Filamentous sulfur bacteria preserved in modern and ancient phosphatic sediments: implications for the role of oxygen and bacteria in phosphogenesis.

Marine phosphate-rich sedimentary deposits (phosphorites) are important geological reservoirs for the biologically essential nutrient phosphorous. Phosphorites first appear in abundance approximately 600 million years ago, but their proliferation at that time is poorly understood. Recent marine phosphorites spatially correlate with the habitats of vacuolated sulfide-oxidizing bacteria that store polyphosphates under oxic conditions to be utilized under sulfidic conditions. Hydrolysis of the stored polyphosphate results in the rapid precipitation of the phosphate-rich mineral apatite-providing a mechanism to explain the association between modern phosphorites and these bacteria. Whether sulfur bacteria were important to the formation of ancient phosphorites has been unresolved. Here, we present the remains of modern sulfide-oxidizing bacteria that are partially encrusted in apatite, providing evidence that bacterially mediated phosphogenesis can rapidly permineralize sulfide-oxidizing bacteria and perhaps other types of organic remains.

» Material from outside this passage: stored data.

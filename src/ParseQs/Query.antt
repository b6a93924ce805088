-- ===== src/ParseQs/Query.antt =====
-- `parse_qsl` reads back the form that a list of bindings is encoded to.
use shadyurl.Common.{
  ℕ, suc, ◌+◌, ◌-◌, ◌/◌, ◌%◌, ◌≤◌, ◌≡◌, ◌≢◌, refl, sym, ap, ◌∙◌, Bool, false, Option, none, some,
  List, [], ◌∷◌, ◌++◌, Bytes, if◌then◌else◌, All, All-append, length, arith, Lacks, find_first,
  drop, take-length-append, Dict, lookup, insert, lookup-insert, bytes_eq, count, empty,
}
use shadyurl.Common.Result.{ok}
use shadyurl.Boost.{StringAlgo, joined}
use shadyurl.Boost.Split.{split_on, split_on-joined, length-split_on, split-split_on}
use shadyurl.ParseQs.{split_by_eq, store, store_all, parse_qsl}
use shadyurl.ParseQs.Unquote.{
  hex_digit, IsQuoted, end_of_text, as_itself, as_plus, as_digits, unquote_quoted,
}

pub drop_past : (k : Bytes) (c : ℕ) (v : Bytes) → drop (suc (length k)) (k ++ c ∷ v) ≡ v
drop_past [] c v = refl
drop_past (x ∷ k) c v = drop_past k c v

append-ne-nil : (s : Bytes) (c : ℕ) (t : Bytes) → empty (s ++ c ∷ t) ≡ false
append-ne-nil [] c t = refl
append-ne-nil (x ∷ s) c t = refl

-- A key that is not empty and a value, with the first '=' between them.
pub split_by_eq_pair : (k v : Bytes) → k ≢ [] → Lacks b'=' k → split_by_eq (k ++ b'=' ∷ v) ≡ (k, v)
unfolding split_by_eq
split_by_eq_pair [] v h _ = absurd (h refl)
split_by_eq_pair (x ∷ k) v h l = ground (
  arith,
  find_first b'=' (x ∷ k) v l,
  take-length-append (x ∷ k) (b'=' ∷ v),
  drop_past (x ∷ k) b'=' v,
)

-- The bindings of a form, each as `key=value` with both encoded.
pub data AreEncoded : List (Bytes × Bytes) → List Bytes → Type 0 where
  end_of_form : AreEncoded [] []
  encoded_as :
      {k v qk qv : Bytes} {ps : List (Bytes × Bytes)} {qs : List Bytes}
      → IsQuoted k qk
      → IsQuoted v qv
      → AreEncoded ps qs
      → AreEncoded ((k, v) ∷ ps) ((qk ++ b'=' ∷ qv) ∷ qs)

-- A form with the bindings: each encoded, with '&' between them.
abbrev pub IsForm : List (Bytes × Bytes) → Bytes → Type 0
IsForm ps body = (qs : List Bytes) × AreEncoded ps qs × (body ≡ joined (b'&' ∷ []) qs)

hex_digit-ne : (upper : Bool) (n : ℕ) → (hex_digit upper n ≢ b'&') × (hex_digit upper n ≢ b'=')
unfolding hex_digit
hex_digit-ne upper n = ground arith

quoted-Lacks : {s q : Bytes} → IsQuoted s q → Lacks b'&' q × Lacks b'=' q
quoted-Lacks end_of_text = (tt, tt)
quoted-Lacks (as_itself c percent plus amp eq h) =
    let (l, m) = quoted-Lacks h in ((amp, l), (eq, m))
quoted-Lacks (as_plus h) = let (l, m) = quoted-Lacks h in ((omega arith, l), (omega arith, m))
quoted-Lacks (as_digits c first_upper second_upper byte h) =
    let (l, m) = quoted-Lacks h in
    let (amp1, eq1) = hex_digit-ne first_upper (c / 16) in
    let (amp2, eq2) = hex_digit-ne second_upper (c % 16) in
    ((omega arith, (amp1, (amp2, l))), (omega arith, (eq1, (eq2, m))))

quoted-ne-nil : {s q : Bytes} → IsQuoted s q → s ≢ [] → q ≢ []
quoted-ne-nil end_of_text ne = ne
quoted-ne-nil (as_itself c percent plus amp eq h) ne = cc
quoted-ne-nil (as_plus h) ne = cc
quoted-ne-nil (as_digits c first_upper second_upper byte h) ne = cc

-- What the form says of a key: its last binding.
abbrev pub last_value : Bytes → List (Bytes × Bytes) → Option Bytes
last_value k [] = none
last_value k ((j, v) ∷ ps) = elim (last_value k ps) [
  | some w ↦ some w
  | none ↦ if bytes_eq j k then some v else none
]

abbrev or_lookup : Option Bytes → Bytes → Dict Bytes → Option Bytes
or_lookup (some w) k m = some w
or_lookup none k m = lookup k m

or_lookup-insert :
    (o : Option Bytes) (j k v : Bytes) (m : Dict Bytes)
    → or_lookup o k (insert j v m)
      ≡ or_lookup (elim o [ some w ↦ some w | none ↦ if bytes_eq j k then some v else none ]) k m
or_lookup-insert (some w) j k v m = refl
or_lookup-insert none j k v m = ground (arith, lookup-insert j k v m)

or_lookup-nil : (o : Option Bytes) (k : Bytes) → or_lookup o k [] ≡ o
unfolding lookup
or_lookup-nil (some w) k = refl
or_lookup-nil none k = refl

-- A key that is not empty.
abbrev pub IsBinding : Bytes × Bytes → Type 0
IsBinding (k, v) = k ≢ []

store_encoded :
    {k v qk qv : Bytes} (m : Dict Bytes)
    → IsQuoted k qk
    → IsQuoted v qv
    → k ≢ []
    → store (qk ++ b'=' ∷ qv) m ≡ insert k v m
unfolding store
store_encoded {k} {v} {qk} {qv} m hk hv ne =
    let (_, no_eq) = quoted-Lacks hk in
    ground (
      arith,
      split_by_eq_pair qk qv (quoted-ne-nil hk ne) no_eq,
      unquote_quoted hk,
      unquote_quoted hv,
      append-ne-nil qk b'=' qv,
    )

lookup-store_all :
    {ps : List (Bytes × Bytes)} {qs : List Bytes} (k : Bytes) (m : Dict Bytes)
    → AreEncoded ps qs
    → All IsBinding ps
    → lookup k (store_all qs m) ≡ or_lookup (last_value k ps) k m
unfolding store_all
lookup-store_all k m end_of_form h = refl
lookup-store_all k m (encoded_as {k = j} {v = v} {ps = ps} {qs = qs} hk hv rest) h =
    ap (λ n. lookup k (store_all qs n)) (store_encoded m hk hv h.0)
    ∙ lookup-store_all k (insert j v m) rest h.1
    ∙ or_lookup-insert (last_value k ps) j k v m

encoded-Lacks :
    {ps : List (Bytes × Bytes)} {qs : List Bytes} → AreEncoded ps qs → All (Lacks b'&') qs
encoded-Lacks end_of_form = tt
encoded-Lacks (encoded_as {qk = qk} {qv = qv} hk hv rest) = (
  All-append _ qk (b'=' ∷ qv) (quoted-Lacks hk).0 (omega arith, (quoted-Lacks hv).0),
  encoded-Lacks rest,
)

length-encoded :
    {ps : List (Bytes × Bytes)} {qs : List Bytes} → AreEncoded ps qs → length qs ≡ length ps
length-encoded end_of_form = refl
length-encoded (encoded_as hk hv rest) = ap suc (length-encoded rest)

cons-ne-nil : (q : Bytes) (qs : List Bytes) → q ∷ qs ≢ []
cons-ne-nil q qs e = cc

-- How many '&' there are between texts that have none.
count-joined :
    (qs : List Bytes) → All (Lacks b'&') qs → count b'&' (joined (b'&' ∷ []) qs) ≤ length qs - 1
count-joined [] h = unfold count in omega arith
count-joined (q ∷ qs) h = omega (
  arith,
  sym (length-split_on b'&' (joined (b'&' ∷ []) (q ∷ qs)))
      ∙ ap length (split_on-joined b'&' (q ∷ qs) (cons-ne-nil q qs) h),
)

store_all-joined :
    (b : StringAlgo) {ps : List (Bytes × Bytes)} {qs : List Bytes} (k : Bytes)
    → AreEncoded ps qs
    → All IsBinding ps
    → lookup k (store_all (b.split b'&' (joined (b'&' ∷ []) qs)) []) ≡ last_value k ps
store_all-joined b k end_of_form h =
    rw (split-split_on b) (unfold split_on store_all store lookup in refl)
store_all-joined b k (encoded_as {qk = qk} {qv = qv} {ps = ps} {qs = qs} hk hv rest) h =
    let all = encoded_as hk hv rest in
    rw
      (
        split-split_on b,
        split_on-joined b'&' ((qk ++ b'=' ∷ qv) ∷ qs) (cons-ne-nil (qk ++ b'=' ∷ qv) qs)
            (encoded-Lacks all),
      )
      (lookup-store_all k [] all h ∙ or_lookup-nil _ k)

-- A form whose keys are not empty, each byte encoded in any of the ways of `IsQuoted`, is read back:
-- with no more bindings than `maxparams + 1`, `parse_qsl` returns a map that gives each key its last
-- value.
pub parse_qsl_form :
    (b : StringAlgo) (maxparams : ℕ) (ps : List (Bytes × Bytes)) (body : Bytes)
    → IsForm ps body
    → All IsBinding ps
    → length ps ≤ maxparams + 1
    → (m : Dict Bytes) × (parse_qsl b body maxparams ≡ ok m)
      × ((k : Bytes) → lookup k m ≡ last_value k ps)
unfolding parse_qsl
parse_qsl_form b maxparams ps body (qs, enc, whole) h fits = (
  store_all (b.split b'&' body) [],
  ground (arith, whole, count-joined qs (encoded-Lacks enc), length-encoded enc),
  λ k. rw whole (store_all-joined b k enc h),
)
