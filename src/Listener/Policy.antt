-- ===== src/Listener/Policy.antt =====
-- listener.go: what `ApplyPolicy` leaves of an event.
use wa_agent_pipeline.Base.{
  ◌≡◌, ap, ◌∙◌, ◌⊎◌, inl, inr, Option-cases, Bool, true, false, none, some, [], arith,
}
use wa_agent_pipeline.Base.Int.{pos}
use wa_agent_pipeline.Config.{Group}
use wa_agent_pipeline.Config.Manager.{group}
use wa_agent_pipeline.Writer.{Event}
use wa_agent_pipeline.Listener.{Handler, redact, apply_policy}

-- A switch that is on keeps the value, and one that is off empties it.
abbrev pub Switched : {A : Type 0} → Bool → A → A → A → Type 0
Switched on empty before after = ((on ≡ true) × (after ≡ before)) ⊎ ((on ≡ false) × (after ≡ empty))

-- What a group's switches promise of an event that passes them.
pub record Redacted (g : Group) (ev ev' : Event) : Type 0 where
  pub label : ev'.chat_label ≡ g.label
  pub body : Switched g.ingest_text [] ev.body ev'.body
  pub media_type : Switched g.ingest_media_metadata [] ev.media_type ev'.media_type
  pub media_title : Switched g.ingest_media_metadata [] ev.media_title ev'.media_title
  pub media_path : Switched g.ingest_media_metadata [] ev.media_path ev'.media_path
  pub media_url : Switched g.ingest_media_metadata [] ev.media_url ev'.media_url
  pub media_size : Switched g.ingest_media_metadata (pos 0) ev.media_size ev'.media_size
  pub media_bytes : Switched g.copy_media [] ev.media_bytes ev'.media_bytes
  pub chat : ev'.chat_jid ≡ ev.chat_jid
  pub message : ev'.msg_id ≡ ev.msg_id

pub redact-Redacted : (g : Group) (ev : Event) → Redacted g ev (redact g ev)
unfolding redact
redact-Redacted g ev = record {
  label = ground arith;
  body = ground arith;
  media_type = ground arith;
  media_title = ground arith;
  media_path = ground arith;
  media_url = ground arith;
  media_size = ground arith;
  media_bytes = ground arith;
  chat = ground arith;
  message = ground arith;
}

redact_idem : (g : Group) (ev : Event) → redact g (redact g ev) ≡ redact g ev
unfolding redact
redact_idem g ev = ground arith

pub listed :
    {S : Type 0} (ev : Event) (h : Handler S) (g : Group)
    → group h.config ev.chat_jid ≡ some g
    → apply_policy ev h ≡ (some (redact g ev, g), h)
unfolding apply_policy
listed ev h g e = ground (arith, e)

pub unlisted :
    {S : Type 0} (ev : Event) (h : Handler S)
    → group h.config ev.chat_jid ≡ none
    → (apply_policy ev h).0 ≡ none
unfolding apply_policy
unlisted ev h e = ground (arith, e)

-- `handleMessageFrom` applies the policy before it downloads, and `HandleResult` applies it again:
-- the second pass lets the event through as the first one left it.
pub apply_policy_twice :
    {S : Type 0} (ev : Event) (h : Handler S) (ev' : Event) (g : Group)
    → (apply_policy ev h).0 ≡ some (ev', g)
    → ((apply_policy ev h).1 ≡ h) × (apply_policy ev' h ≡ (some (ev', g), h))
apply_policy_twice ev h ev' g e = elim (Option-cases (group h.config ev.chat_jid)) [
  | inl absent ↦ cc (unlisted ev h absent)
  | inr (g', found) ↦
      let first = listed ev h g' found in
      let same_event : redact g' ev ≡ ev' = cc in
      let same_group : g' ≡ g = cc in
      let chat = (redact-Redacted g' ev).chat in
      let again = listed (redact g' ev) h g' (ap (group h.config) chat ∙ found) in
      (cc, cc (again, redact_idem g' ev))
]
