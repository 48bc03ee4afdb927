-- ===== src/Listener/Handling.antt =====
-- listener.go: what `HandleResult` does to the store, the status and the waiting subscribers.
use wa_agent_pipeline.Base.{
  Text, ◌≡◌, ◌⊎◌, inl, inr, true, false, ◌||◌, Option, none, some, List, [], ◌∷◌, ◌++◌, arith,
  Option-cases, if◌then◌else◌,
}
use wa_agent_pipeline.Base.Int.{ℤ}
use wa_agent_pipeline.Config.{Group}
use wa_agent_pipeline.Config.Manager.{group}
use wa_agent_pipeline.Writer.{Event, WriteResult}
use wa_agent_pipeline.Listener.{Handler, Stores, ignored, redact, after_write, handle_result}
use wa_agent_pipeline.Listener.Policy.{Redacted, redact-Redacted}

module _ {S : Type 0} (stores : Stores S) (now : ℤ) where
  abbrev answer : Event → S → WriteResult × Option Text × S
  answer ev s = stores.write ev s

  handle_listed :
      (ev : Event) (h : Handler S) (g : Group)
      → group h.config ev.chat_jid ≡ some g
      → handle_result stores now ev h ≡ (
          let (res, error, store) = stores.write (redact g ev) h.store in
          after_write stores now (redact g ev) res error (record h { store = store }))
  unfolding handle_result
  handle_listed ev h g e = ground (arith, e)

  -- An event of a chat that the allowlist does not have is not accepted, without an error, and
  -- leaves the store, the status and the subscribers alone. An event of a listed chat is accepted,
  -- and one event is written, which the group's switches have cleared.
  pub handle_result_policy :
      (ev : Event) (h : Handler S)
      → ((group h.config ev.chat_jid ≡ none)
          × ((handle_result stores now ev h).0 ≡ ignored)
          × ((handle_result stores now ev h).1.store ≡ h.store)
          × ((handle_result stores now ev h).1.status ≡ h.status)
          × ((handle_result stores now ev h).1.wakes ≡ h.wakes))
        ⊎ ((g : Group) × (ev' : Event) × (group h.config ev.chat_jid ≡ some g)
            × Redacted g ev ev'
            × ((handle_result stores now ev h).0.accepted ≡ true)
            × ((handle_result stores now ev h).1.store ≡ (stores.write ev' h.store).2))
  unfolding handle_result
  handle_result_policy ev h = elim (Option-cases (group h.config ev.chat_jid)) [
    | inl e ↦ inl (e, ground (arith, e), ground (arith, e), ground (arith, e), ground (arith, e))
    | inr (g, e) ↦
        inr (g, redact g ev, e, redact-Redacted g ev, ground (arith, e), ground (arith, e))
  ]

  -- For an event of a listed chat a subscriber is woken, with the event's chat, exactly where the
  -- store returns no error and has inserted or updated a row. The store's result is returned; but
  -- where the store returns an error, the error is returned, with an empty result.
  pub handle_result_wakes :
      (ev : Event) (h : Handler S) (g : Group) (js : List Text)
      → group h.config ev.chat_jid ≡ some g
      → h.wakes ≡ some js
      → let (res, error, store) = stores.write (redact g ev) h.store in
        ((handle_result stores now ev h).0.error ≡ error)
        × ((handle_result stores now ev h).0.result ≡ elim error [
          | none ↦ res
          | some e ↦ record { id = []; inserted = false; updated = false; media_path = [] }
        ])
        × ((handle_result stores now ev h).1.wakes ≡ elim error [
          | none ↦ some (if res.inserted || res.updated then js ++ ev.chat_jid ∷ [] else js)
          | some e ↦ some js
        ])
  unfolding handle_result
  handle_result_wakes ev h g js e w = ground (arith, e, w, (redact-Redacted g ev).chat)
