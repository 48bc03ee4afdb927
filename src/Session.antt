-- ===== src/Session.antt =====
-- whatsapp-daemon/internal/auth/auth.go: what the daemon does with the events of a WhatsApp session.
-- The connection, the decoding of messages and the downloads are calls of whatsmeow.
pub mod Message
pub mod Handling
pub mod History
pub mod Connection
pub mod Queue
pub mod Serve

We also describe filamentous microfossils that resemble modern sulfide-oxidizing bacteria from two major phosphogenic episodes in the geologic record. These microfossils contain sulfur-rich inclusions that may represent relict sulfur globules, a diagnostic feature of modern sulfide-oxidizing bacteria. These findings suggest that sulfur bacteria, which are known to mediate the precipitation of apatite in modern sediments, were also present in certain phosphogenic settings for at least the last 600 million years. If polyphosphate-utilizing sulfide-oxidizing bacteria also played a role in the formation of ancient phosphorites, their requirements for oxygen, or oxygen-requiring metabolites such as nitrate, might explain the temporal correlation between the first appearance of globally distributed marine phosphorites and increasing oxygenation of Neoproterozoic oceans.